_Your objective:_
Hand back all of the records exactly as they read.

_Data for this task:_
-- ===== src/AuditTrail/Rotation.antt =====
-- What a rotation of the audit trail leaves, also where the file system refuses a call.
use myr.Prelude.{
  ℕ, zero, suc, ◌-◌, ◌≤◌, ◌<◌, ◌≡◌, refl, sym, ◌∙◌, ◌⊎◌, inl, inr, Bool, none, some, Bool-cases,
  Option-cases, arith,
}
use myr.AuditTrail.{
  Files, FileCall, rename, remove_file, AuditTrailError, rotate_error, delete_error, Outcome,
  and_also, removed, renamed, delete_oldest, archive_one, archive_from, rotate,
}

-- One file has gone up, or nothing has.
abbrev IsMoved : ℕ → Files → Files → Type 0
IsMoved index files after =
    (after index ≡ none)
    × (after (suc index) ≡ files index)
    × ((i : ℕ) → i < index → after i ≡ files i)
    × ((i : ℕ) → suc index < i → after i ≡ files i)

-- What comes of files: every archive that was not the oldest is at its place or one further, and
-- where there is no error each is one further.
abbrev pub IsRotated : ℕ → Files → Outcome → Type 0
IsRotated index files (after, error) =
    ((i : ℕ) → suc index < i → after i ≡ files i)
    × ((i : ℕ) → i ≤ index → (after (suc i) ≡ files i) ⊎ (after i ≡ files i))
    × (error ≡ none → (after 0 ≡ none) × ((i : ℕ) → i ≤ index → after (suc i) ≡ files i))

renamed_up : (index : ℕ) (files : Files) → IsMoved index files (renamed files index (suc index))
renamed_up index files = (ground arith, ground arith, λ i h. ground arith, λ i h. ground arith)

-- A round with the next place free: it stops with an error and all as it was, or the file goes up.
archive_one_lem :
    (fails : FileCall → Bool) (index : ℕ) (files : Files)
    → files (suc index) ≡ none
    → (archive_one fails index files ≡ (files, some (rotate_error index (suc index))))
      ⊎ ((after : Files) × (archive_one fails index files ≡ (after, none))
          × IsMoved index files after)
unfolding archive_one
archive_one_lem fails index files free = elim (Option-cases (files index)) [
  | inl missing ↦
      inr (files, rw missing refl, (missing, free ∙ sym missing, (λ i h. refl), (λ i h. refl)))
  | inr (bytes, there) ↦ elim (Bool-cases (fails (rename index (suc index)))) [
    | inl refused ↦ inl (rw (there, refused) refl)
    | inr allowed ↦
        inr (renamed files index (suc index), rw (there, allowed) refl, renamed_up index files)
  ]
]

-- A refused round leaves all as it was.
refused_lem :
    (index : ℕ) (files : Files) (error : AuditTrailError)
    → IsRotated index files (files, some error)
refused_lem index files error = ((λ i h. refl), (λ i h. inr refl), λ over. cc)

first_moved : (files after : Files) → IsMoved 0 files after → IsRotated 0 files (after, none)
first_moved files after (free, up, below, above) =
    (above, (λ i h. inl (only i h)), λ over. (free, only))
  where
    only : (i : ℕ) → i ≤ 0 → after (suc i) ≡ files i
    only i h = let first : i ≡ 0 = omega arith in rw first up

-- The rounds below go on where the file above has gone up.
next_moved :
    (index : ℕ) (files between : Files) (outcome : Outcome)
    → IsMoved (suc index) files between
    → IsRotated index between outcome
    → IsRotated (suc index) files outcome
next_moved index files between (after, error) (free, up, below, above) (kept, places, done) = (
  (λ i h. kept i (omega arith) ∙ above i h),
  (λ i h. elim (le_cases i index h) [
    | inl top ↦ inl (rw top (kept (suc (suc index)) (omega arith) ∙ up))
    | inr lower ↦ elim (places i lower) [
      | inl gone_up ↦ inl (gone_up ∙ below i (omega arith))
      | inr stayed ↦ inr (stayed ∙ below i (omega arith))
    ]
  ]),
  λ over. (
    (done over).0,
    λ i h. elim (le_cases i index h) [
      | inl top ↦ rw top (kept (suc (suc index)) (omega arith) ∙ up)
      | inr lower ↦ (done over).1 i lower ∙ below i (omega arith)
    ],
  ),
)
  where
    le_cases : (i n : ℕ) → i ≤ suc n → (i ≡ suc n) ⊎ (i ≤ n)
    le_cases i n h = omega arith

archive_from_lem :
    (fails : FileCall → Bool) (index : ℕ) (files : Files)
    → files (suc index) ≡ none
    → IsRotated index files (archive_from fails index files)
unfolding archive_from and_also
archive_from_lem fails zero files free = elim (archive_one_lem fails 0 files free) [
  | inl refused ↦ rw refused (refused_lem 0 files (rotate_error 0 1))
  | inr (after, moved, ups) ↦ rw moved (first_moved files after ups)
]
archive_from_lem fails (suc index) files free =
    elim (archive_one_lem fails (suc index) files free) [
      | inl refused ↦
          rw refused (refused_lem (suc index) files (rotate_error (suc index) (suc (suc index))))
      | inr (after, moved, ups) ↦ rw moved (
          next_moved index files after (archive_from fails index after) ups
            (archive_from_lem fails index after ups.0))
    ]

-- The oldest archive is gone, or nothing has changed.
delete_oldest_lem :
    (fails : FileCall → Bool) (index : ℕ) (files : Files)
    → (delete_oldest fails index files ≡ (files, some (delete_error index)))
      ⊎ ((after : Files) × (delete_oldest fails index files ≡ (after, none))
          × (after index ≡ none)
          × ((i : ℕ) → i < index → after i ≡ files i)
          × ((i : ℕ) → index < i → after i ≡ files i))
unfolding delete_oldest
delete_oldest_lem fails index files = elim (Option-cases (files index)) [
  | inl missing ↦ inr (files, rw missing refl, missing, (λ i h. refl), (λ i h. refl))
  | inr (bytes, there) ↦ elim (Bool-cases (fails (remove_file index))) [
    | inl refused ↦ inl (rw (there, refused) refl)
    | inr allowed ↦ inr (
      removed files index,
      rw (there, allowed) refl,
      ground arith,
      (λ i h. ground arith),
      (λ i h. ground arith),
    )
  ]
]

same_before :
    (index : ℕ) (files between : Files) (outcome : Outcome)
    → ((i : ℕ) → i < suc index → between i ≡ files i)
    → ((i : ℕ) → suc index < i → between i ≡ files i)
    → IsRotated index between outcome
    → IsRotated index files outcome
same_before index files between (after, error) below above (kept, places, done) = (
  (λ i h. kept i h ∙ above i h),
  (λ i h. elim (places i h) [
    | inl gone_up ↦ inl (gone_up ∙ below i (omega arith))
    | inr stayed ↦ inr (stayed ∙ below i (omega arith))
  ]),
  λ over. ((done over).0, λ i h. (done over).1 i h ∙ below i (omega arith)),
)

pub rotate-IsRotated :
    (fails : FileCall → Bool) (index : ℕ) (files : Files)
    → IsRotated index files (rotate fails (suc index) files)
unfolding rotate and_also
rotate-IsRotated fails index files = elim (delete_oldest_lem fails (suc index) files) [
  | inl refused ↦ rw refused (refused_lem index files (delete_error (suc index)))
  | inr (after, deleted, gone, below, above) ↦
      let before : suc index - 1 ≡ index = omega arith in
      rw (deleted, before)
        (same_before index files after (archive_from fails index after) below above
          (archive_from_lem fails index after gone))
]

_Solution for this problem:_
-- ===== src/AuditTrail/Rotation.antt =====
-- What a rotation of the audit trail leaves, also where the file system refuses a call.
use myr.Prelude.{
  ℕ, zero, suc, ◌-◌, ◌≤◌, ◌<◌, ◌≡◌, refl, sym, ◌∙◌, ◌⊎◌, inl, inr, Bool, none, some, Bool-cases,
  Option-cases, arith,
}
use myr.AuditTrail.{
  Files, FileCall, rename, remove_file, AuditTrailError, rotate_error, delete_error, Outcome,
  and_also, removed, renamed, delete_oldest, archive_one, archive_from, rotate,
}

-- One file has gone up, or nothing has.
abbrev IsMoved : ℕ → Files → Files → Type 0
IsMoved index files after =
    (after index ≡ none)
    × (after (suc index) ≡ files index)
    × ((i : ℕ) → i < index → after i ≡ files i)
    × ((i : ℕ) → suc index < i → after i ≡ files i)

-- What comes of files: every archive that was not the oldest is at its place or one further, and
-- where there is no error each is one further.
abbrev pub IsRotated : ℕ → Files → Outcome → Type 0
IsRotated index files (after, error) =
    ((i : ℕ) → suc index < i → after i ≡ files i)
    × ((i : ℕ) → i ≤ index → (after (suc i) ≡ files i) ⊎ (after i ≡ files i))
    × (error ≡ none → (after 0 ≡ none) × ((i : ℕ) → i ≤ index → after (suc i) ≡ files i))

renamed_up : (index : ℕ) (files : Files) → IsMoved index files (renamed files index (suc index))
renamed_up index files = (ground arith, ground arith, λ i h. ground arith, λ i h. ground arith)

-- A round with the next place free: it stops with an error and all as it was, or the file goes up.
archive_one_lem :
    (fails : FileCall → Bool) (index : ℕ) (files : Files)
    → files (suc index) ≡ none
    → (archive_one fails index files ≡ (files, some (rotate_error index (suc index))))
      ⊎ ((after : Files) × (archive_one fails index files ≡ (after, none))
          × IsMoved index files after)
unfolding archive_one
archive_one_lem fails index files free = elim (Option-cases (files index)) [
  | inl missing ↦
      inr (files, rw missing refl, (missing, free ∙ sym missing, (λ i h. refl), (λ i h. refl)))
  | inr (bytes, there) ↦ elim (Bool-cases (fails (rename index (suc index)))) [
    | inl refused ↦ inl (rw (there, refused) refl)
    | inr allowed ↦
        inr (renamed files index (suc index), rw (there, allowed) refl, renamed_up index files)
  ]
]

-- A refused round leaves all as it was.
refused_lem :
    (index : ℕ) (files : Files) (error : AuditTrailError)
    → IsRotated index files (files, some error)
refused_lem index files error = ((λ i h. refl), (λ i h. inr refl), λ over. cc)

first_moved : (files after : Files) → IsMoved 0 files after → IsRotated 0 files (after, none)
first_moved files after (free, up, below, above) =
    (above, (λ i h. inl (only i h)), λ over. (free, only))
  where
    only : (i : ℕ) → i ≤ 0 → after (suc i) ≡ files i
    only i h = let first : i ≡ 0 = omega arith in rw first up

-- The rounds below go on where the file above has gone up.
next_moved :
    (index : ℕ) (files between : Files) (outcome : Outcome)
    → IsMoved (suc index) files between
    → IsRotated index between outcome
    → IsRotated (suc index) files outcome
next_moved index files between (after, error) (free, up, below, above) (kept, places, done) = (
  (λ i h. kept i (omega arith) ∙ above i h),
  (λ i h. elim (le_cases i index h) [
    | inl top ↦ inl (rw top (kept (suc (suc index)) (omega arith) ∙ up))
    | inr lower ↦ elim (places i lower) [
      | inl gone_up ↦ inl (gone_up ∙ below i (omega arith))
      | inr stayed ↦ inr (stayed ∙ below i (omega arith))
    ]
  ]),
  λ over. (
    (done over).0,
    λ i h. elim (le_cases i index h) [
      | inl top ↦ rw top (kept (suc (suc index)) (omega arith) ∙ up)
      | inr lower ↦ (done over).1 i lower ∙ below i (omega arith)
    ],
  ),
)
  where
    le_cases : (i n : ℕ) → i ≤ suc n → (i ≡ suc n) ⊎ (i ≤ n)
    le_cases i n h = omega arith

archive_from_lem :
    (fails : FileCall → Bool) (index : ℕ) (files : Files)
    → files (suc index) ≡ none
    → IsRotated index files (archive_from fails index files)
unfolding archive_from and_also
archive_from_lem fails zero files free = elim (archive_one_lem fails 0 files free) [
  | inl refused ↦ rw refused (refused_lem 0 files (rotate_error 0 1))
  | inr (after, moved, ups) ↦ rw moved (first_moved files after ups)
]
archive_from_lem fails (suc index) files free =
    elim (archive_one_lem fails (suc index) files free) [
      | inl refused ↦
          rw refused (refused_lem (suc index) files (rotate_error (suc index) (suc (suc index))))
      | inr (after, moved, ups) ↦ rw moved (
          next_moved index files after (archive_from fails index after) ups
            (archive_from_lem fails index after ups.0))
    ]

-- The oldest archive is gone, or nothing has changed.
delete_oldest_lem :
    (fails : FileCall → Bool) (index : ℕ) (files : Files)
    → (delete_oldest fails index files ≡ (files, some (delete_error index)))
      ⊎ ((after : Files) × (delete_oldest fails index files ≡ (after, none))
          × (after index ≡ none)
          × ((i : ℕ) → i < index → after i ≡ files i)
          × ((i : ℕ) → index < i → after i ≡ files i))
unfolding delete_oldest
delete_oldest_lem fails index files = elim (Option-cases (files index)) [
  | inl missing ↦ inr (files, rw missing refl, missing, (λ i h. refl), (λ i h. refl))
  | inr (bytes, there) ↦ elim (Bool-cases (fails (remove_file index))) [
    | inl refused ↦ inl (rw (there, refused) refl)
    | inr allowed ↦ inr (
      removed files index,
      rw (there, allowed) refl,
      ground arith,
      (λ i h. ground arith),
      (λ i h. ground arith),
    )
  ]
]

same_before :
    (index : ℕ) (files between : Files) (outcome : Outcome)
    → ((i : ℕ) → i < suc index → between i ≡ files i)
    → ((i : ℕ) → suc index < i → between i ≡ files i)
    → IsRotated index between outcome
    → IsRotated index files outcome
same_before index files between (after, error) below above (kept, places, done) = (
  (λ i h. kept i h ∙ above i h),
  (λ i h. elim (places i h) [
    | inl gone_up ↦ inl (gone_up ∙ below i (omega arith))
    | inr stayed ↦ inr (stayed ∙ below i (omega arith))
  ]),
  λ over. ((done over).0, λ i h. (done over).1 i h ∙ below i (omega arith)),
)

pub rotate-IsRotated :
    (fails : FileCall → Bool) (index : ℕ) (files : Files)
    → IsRotated index files (rotate fails (suc index) files)
unfolding rotate and_also
rotate-IsRotated fails index files = elim (delete_oldest_lem fails (suc index) files) [
  | inl refused ↦ rw refused (refused_lem index files (delete_error (suc index)))
  | inr (after, deleted, gone, below, above) ↦
      let before : suc index - 1 ≡ index = omega arith in
      rw (deleted, before)
        (same_before index files after (archive_from fails index after) below above
          (archive_from_lem fails index after gone))
]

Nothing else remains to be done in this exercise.